Houtskool is een soort halfverbrand hout. Het wordt gemaakt door het hout heel langzaam te verbranden zonder veel zuurstof, zodat het in koolstof verandert. Mensen koken graag met houtskool omdat het heter kookt dan hout en minder rook produceert. Veel koks zweren met fervente overtuiging bij de ene of de andere brandstof maar de kwaliteit van het te bereiden eten is veel belangrijker. En zonder twijfel is het veel belangrijker om eten van het vuur te halen bij de juiste interne temperatuur. Je kunt veel uitgeven aan duur houtskool.
Het proces om houtskool te maken is oud, met archeologisch bewijs dat de houtskoolproductie ongeveer 30.000 jaar oud is. Omdat houtskool heter, schoner en gelijkmatiger brandt dan hout, werd het door smelterijen gebruikt voor het smelten van ijzererts in hoogovens en door smeden die staal vormden. Commerciële productie werd voor het eerst gedaan in kuilen bedekt met vuil door speciaal opgeleide vakmensen genaamd colliers.
In de praktijk produceert houtskool wat rook. Als de kolen bij het begin van het koken nog niet volledig zijn ontstoken, zal er rook ontstaan als er nieuwe kolen zijn toegevoegd aan het vuur. Zowel houtskool- als gasgrills produceren verbrandingsgassen die smaak geven.

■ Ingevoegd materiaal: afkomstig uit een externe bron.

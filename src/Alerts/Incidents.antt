-- ===== src/Alerts/Incidents.antt =====
-- What the transitions of an alert add up to over an incident.
use real_time_blockchain_ana.Prelude.{
  ℕ, suc, ◌≡◌, ◌≢◌, refl, ap, sym, ◌∙◌, inl, inr, ◌↔◌, Option, none, some, List, [], ◌∷◌, arith,
  subst, ok, ok-injective,
}
use real_time_blockchain_ana.Prelude.Int.{ℤ, pos, ◌+ℤ◌}
use real_time_blockchain_ana.Prelude.Lists.{length}
use real_time_blockchain_ana.Python.Time.{Instant, aware}
use real_time_blockchain_ana.Freshness.{FreshnessState, fresh, stale}
use real_time_blockchain_ana.Alerts.{
  AlertState, is_open, is_resolved, AlertSeverity, critical, AlertRecord, HealthCondition,
  AlertEventType, AlertDecision, decide_alert_transition,
}
use real_time_blockchain_ana.Alerts.Lifecycle.{
  Transition, stays_resolved, resolves, opens_warning, opens_critical, keeps_severity, escalates,
  IsWellFormed, Matches, event_type_of, decide_alert_transition-Transition, Transition-IsWellFormed,
}

-- Where an alert stands in an incident, as the evaluations of its condition have left it: the
-- states observed since it opened, the latest first, and the incident's generation.
pub data Incident : ℤ → List FreshnessState → AlertRecord → Type 0 where
  opens :
      (current : AlertRecord) (c : HealthCondition) (now : Instant) (d : AlertDecision)
      → current.state ≡ is_resolved
      → IsWellFormed current
      → Matches current c
      → c.state ≢ fresh
      → decide_alert_transition current c (aware now) ≡ ok d
      → Incident (current.incident_generation +ℤ pos 1) (c.state ∷ []) d.next_record
  goes_on :
      (g : ℤ) (fs : List FreshnessState) (current : AlertRecord) (c : HealthCondition)
      (now : Instant) (d : AlertDecision)
      → Incident g fs current
      → Matches current c
      → c.state ≢ fresh
      → decide_alert_transition current c (aware now) ≡ ok d
      → Incident g (c.state ∷ fs) d.next_record

-- CRITICAL where a stale state was among those observed.
abbrev pub worst_seen : List FreshnessState → AlertSeverity
worst_seen [] = AlertSeverity.warning
worst_seen (stale ∷ fs) = critical
worst_seen (_ ∷ fs) = worst_seen fs

abbrev pub Sums : ℤ → List FreshnessState → AlertRecord → Type 0
Sums g fs r =
    (r.state ≡ is_open)
    × (r.severity ≡ some (worst_seen fs))
    × (r.occurrence_count ≡ pos (length fs))
    × (r.incident_generation ≡ g)
    × (r.resolved_at ≡ none)

next_count : (x : ℤ) (n : ℕ) → x ≡ pos n → x +ℤ pos 1 ≡ pos (suc n)
unfolding ◌+ℤ◌
next_count x n e = ground arith

open-Sums :
    (current r : AlertRecord) (c : HealthCondition) (now : Instant) (f : FreshnessState)
    (kind : Option AlertEventType)
    → f ≢ fresh
    → Transition current c now is_resolved f r kind
    → Sums (current.incident_generation +ℤ pos 1) (f ∷ []) r
open-Sums current r c now f kind ne stays_resolved = absurd (ne refl)
open-Sums current r c now f kind ne opens_warning = (refl, refl, refl, refl, refl)
open-Sums current r c now f kind ne opens_critical = (refl, refl, refl, refl, refl)

again-Sums :
    (g : ℤ) (fs : List FreshnessState) (current r : AlertRecord) (c : HealthCondition)
    (now : Instant) (f : FreshnessState) (kind : Option AlertEventType)
    → Sums g fs current
    → f ≢ fresh
    → Transition current c now is_open f r kind
    → Sums g (f ∷ fs) r
again-Sums g fs current r c now f kind h ne resolves = absurd (ne refl)
again-Sums g fs current r c now f kind h ne (keeps_severity _ s hs (inl w)) = (
  h.0,
  subst (λ x. some s ≡ some (worst_seen (x ∷ fs))) (sym w) (sym hs ∙ h.1),
  next_count _ (length fs) h.2,
  h.3,
  h.4,
)
again-Sums g fs current r c now f kind h ne (keeps_severity _ s hs (inr (w, e))) = (
  h.0,
  subst (λ x. some s ≡ some (worst_seen (x ∷ fs))) (sym w) (ap some e),
  next_count _ (length fs) h.2,
  h.3,
  h.4,
)
again-Sums g fs current r c now f kind h ne (escalates hs) =
    (h.0, refl, next_count _ (length fs) h.2, h.3, h.4)

-- The transition that a decision makes.
decided-Transition :
    (current : AlertRecord) (c : HealthCondition) (now : Instant) (d : AlertDecision)
    → IsWellFormed current
    → Matches current c
    → decide_alert_transition current c (aware now) ≡ ok d
    → Transition current c now current.state c.state d.next_record (event_type_of d.event)
decided-Transition current c now d h m e =
    let (made, e', t, _) = decide_alert_transition-Transition current c now h m in
    subst
      (λ x. Transition current c now current.state c.state x.next_record (event_type_of x.event))
      (ok-injective (sym e' ∙ e)) t

-- The records of an incident have all that an open alert says.
Incident-IsWellFormed :
    (g : ℤ) (fs : List FreshnessState) (r : AlertRecord) → Incident g fs r → IsWellFormed r
Incident-IsWellFormed g fs r (opens current c now d e h m ne made) =
    Transition-IsWellFormed current c now current.state c.state d.next_record _ refl h
      (decided-Transition current c now d h m made)
Incident-IsWellFormed g fs r (goes_on _ fs' current c now d i m ne made) =
    let h = Incident-IsWellFormed g fs' current i in
    Transition-IsWellFormed current c now current.state c.state d.next_record _ refl h
      (decided-Transition current c now d h m made)

-- During an incident, which evaluations open on a well-formed resolved record and continue on what
-- the one before left, each observing a state that is not fresh of the alert's own condition: the
-- record stays open, its severity is CRITICAL exactly where a stale state has been observed since
-- it opened (a later warning does not lower it), its occurrence count is the number of
-- observations, and its generation is one more than that of the record it opened on.
pub Incident-Sums :
    (g : ℤ) (fs : List FreshnessState) (r : AlertRecord) → Incident g fs r → Sums g fs r
Incident-Sums g fs r (opens current c now d e h m ne made) =
    open-Sums current d.next_record c now c.state _ ne (
      subst (λ a. Transition current c now a c.state d.next_record (event_type_of d.event)) e
        (decided-Transition current c now d h m made))
Incident-Sums g fs r (goes_on _ fs' current c now d i m ne made) =
    let sums = Incident-Sums g fs' current i in
    again-Sums g fs' current d.next_record c now c.state _ sums ne (
      subst (λ a. Transition current c now a c.state d.next_record (event_type_of d.event)) sums.0
        (decided-Transition current c now d (Incident-IsWellFormed g fs' current i) m made))

Transition-silent :
    (current r : AlertRecord) (c : HealthCondition) (now : Instant) (a : AlertState)
    (f : FreshnessState) (kind : Option AlertEventType)
    → current.state ≡ a
    → Transition current c now a f r kind
    → (kind ≡ none) ↔ ((r.state ≡ current.state) × (r.severity ≡ current.severity))
Transition-silent current r c now a f kind e stays_resolved = ((λ _. (refl, refl)), (λ _. refl))
Transition-silent current r c now a f kind e resolves =
    ((λ h. absurd (cc h)), (λ h. absurd (cc (h.0, e))))
Transition-silent current r c now a f kind e opens_warning =
    ((λ h. absurd (cc h)), (λ h. absurd (cc (h.0, e))))
Transition-silent current r c now a f kind e opens_critical =
    ((λ h. absurd (cc h)), (λ h. absurd (cc (h.0, e))))
Transition-silent current r c now a f kind e (keeps_severity _ s hs _) =
    ((λ _. (refl, sym hs)), (λ _. refl))
Transition-silent current r c now a f kind e (escalates hs) =
    ((λ h. absurd (cc h)), (λ h. absurd (cc (h.1, hs))))

-- A decision on a well-formed record of the condition's alert, at an aware time, has no event
-- exactly if it leaves the lifecycle state and the severity as they are: repeated observations of
-- the same severity are silent, and each opening, escalation and resolution is reported.
pub event_iff_change :
    (current : AlertRecord) (c : HealthCondition) (now : Instant) (d : AlertDecision)
    → IsWellFormed current
    → Matches current c
    → decide_alert_transition current c (aware now) ≡ ok d
    → (event_type_of d.event ≡ none)
      ↔ ((d.next_record.state ≡ current.state) × (d.next_record.severity ≡ current.severity))
event_iff_change current c now d h m e =
    Transition-silent current d.next_record c now current.state c.state _ refl
      (decided-Transition current c now d h m e)
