-- ===== src/SnowflakeAlerts/Contract.antt =====
-- `SnowflakeAlertStore` keeps the contract of an alert store.
use real_time_blockchain_ana.Prelude.{
  ◌≡◌, refl, sym, ◌∙◌, ◌≢◌, inl, inr, true, false, List, [], ◌∷◌, alert_concurrency, ok, err, arith,
  Bool-cases, and_left,
}
use real_time_blockchain_ana.Prelude.Int.{ℤ, eq_of_parts}
use real_time_blockchain_ana.Python.Text.{Text, text_eq}
use real_time_blockchain_ana.Sql.{
  select_where, select_where_sound, select-update_where_other, update_where_none,
}
use real_time_blockchain_ana.Sql.Single.{
  OnlyRow, update-OnlyRow_hit, rows_where_hit, rows_where_miss,
}
use real_time_blockchain_ana.Alerts.{AlertRecord, stored}
use real_time_blockchain_ana.Alerts.Evaluation.{IsAlertStore}
use real_time_blockchain_ana.SnowflakeAlerts.{
  AlertTable, has_key, record_from_rows, get, at_version, compare_and_set, snowflake_alert_store,
}

rows-ok : (rows : List AlertRecord) (r : AlertRecord) → record_from_rows rows ≡ ok r → rows ≡ r ∷ []
rows-ok [] r h = cc
rows-ok (x ∷ []) r h = ground arith
rows-ok (x ∷ _ ∷ _) r h = cc

get-OnlyRow :
    (k : Text) (t : AlertTable) (r : AlertRecord) → get k t ≡ ok r → OnlyRow (has_key k) r t
unfolding get
get-OnlyRow k t r h = rows-ok _ r h

OnlyRow-get :
    (k : Text) (t : AlertTable) (r : AlertRecord) → OnlyRow (has_key k) r t → get k t ≡ ok r
unfolding get
OnlyRow-get k t r h = rw h

get_congr :
    (j : Text) (t t' : AlertTable)
    → select_where (has_key j) t' ≡ select_where (has_key j) t
    → get j t' ≡ get j t
unfolding get
get_congr j t t' h = rw h

text_eq→eq : (a b : Text) → text_eq a b ≡ true → a ≡ b
text_eq→eq a b h = ground arith

text_eq_ne : (a b : Text) → a ≢ b → text_eq a b ≡ false
text_eq_ne a b h = ground arith

at_version-has_key :
    (k : Text) (v : ℤ) (x : AlertRecord) → at_version k v x ≡ true → has_key k x ≡ true
at_version-has_key k v x h = and_left _ _ h

at_version_hit :
    (k : Text) (v : ℤ) (r : AlertRecord)
    → has_key k r ≡ true
    → r.state_version ≡ v
    → at_version k v r ≡ true
at_version_hit k v r h e = ground arith

at_version_miss :
    (k : Text) (v : ℤ) (r : AlertRecord)
    → at_version k v r ≡ false
    → has_key k r ≡ true
    → r.state_version ≢ v
at_version_miss k v r h e same = cc (h, at_version_hit k v r e same)

at_version-version :
    (k : Text) (v : ℤ) (r : AlertRecord) → at_version k v r ≡ true → r.state_version ≡ v
at_version-version k v r h = ground (arith, eq_of_parts r.state_version v)

module _ (expected : ℤ) (candidate old : AlertRecord) (t : AlertTable) where
  compare_and_set_hit :
      get candidate.alert_key t ≡ ok old
      → at_version candidate.alert_key expected old ≡ true
      → let (r, t') = compare_and_set expected candidate t in
        (r ≡ ok candidate)
        × (get candidate.alert_key t' ≡ ok (stored candidate old))
        × ((j : Text) → j ≢ candidate.alert_key → get j t' ≡ get j t)
  unfolding compare_and_set
  compare_and_set_hit g hit =
      let k = candidate.alert_key in
      let row = get-OnlyRow k t old g in
      let after =
        update-OnlyRow_hit (has_key k) (at_version k expected) (stored candidate) old t (λ x. refl)
          row hit in
      (
        rw
            (rows_where_hit (has_key k) (at_version k expected) (at_version-has_key k expected) old
              t row hit)
            refl,
        OnlyRow-get k _ _ after,
        λ j ne. get_congr j t _ (
            select-update_where_other (at_version k expected) (has_key j) (stored candidate) t
              (λ x h.
                text_eq_ne x.alert_key j
                  (λ e. ne (sym e ∙ text_eq→eq x.alert_key k (at_version-has_key k expected x h))))
              (λ x. refl)),
      )

  compare_and_set_miss :
      get candidate.alert_key t ≡ ok old
      → at_version candidate.alert_key expected old ≡ false
      → compare_and_set expected candidate t ≡ (err alert_concurrency, t)
  unfolding compare_and_set
  compare_and_set_miss g miss =
      let k = candidate.alert_key in
      let none_counted =
        rows_where_miss (has_key k) (at_version k expected) (at_version-has_key k expected) old t
          (get-OnlyRow k t old g) miss in
      rw (none_counted, update_where_none (at_version k expected) (stored candidate) t none_counted)
        refl

pub snowflake-IsAlertStore : IsAlertStore snowflake_alert_store
snowflake-IsAlertStore = record {
  compare_and_set_lem = λ expected candidate old t g.
      elim (Bool-cases (at_version candidate.alert_key expected old)) [
        | inl hit ↦
            let (r, after, others) = compare_and_set_hit expected candidate old t g hit in
            inl (at_version-version candidate.alert_key expected old hit, r, after, others)
        | inr miss ↦ inr (
          at_version_miss candidate.alert_key expected old miss (
              select_where_sound (has_key candidate.alert_key) t
                (get-OnlyRow candidate.alert_key t old g)),
          compare_and_set_miss expected candidate old t g miss,
        )
      ];
}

Ook temperatuur is een factor. Houtskool geeft meestal meer warmte door dan de normale gasgrill, en dit zorgt voor meer bruin worden op vlees, en bruin worden, de karamelisatie, produceerd smaak. Tijd is ook een factor. Bij een snelle bereiding hebben rook en gassen weinig impact. Dus de theorie stelt dat een gebalanceerde verbranding van pure houtskool en voldoende zuurstof weinig of geen smaak zal produceren zonder druipen. Maar in de praktijk is dat zelden het geval.
Er zijn verschillende soorten houtskool, waaronder briketten, houtskool, briketten met een smaakje en meer. Men moet hier voorzichtig zijn met generalisaties omdat elk merk anders is. Het type houtskool dat het beste bij u past, hangt af van uw grillstijl en persoonlijke voorkeuren.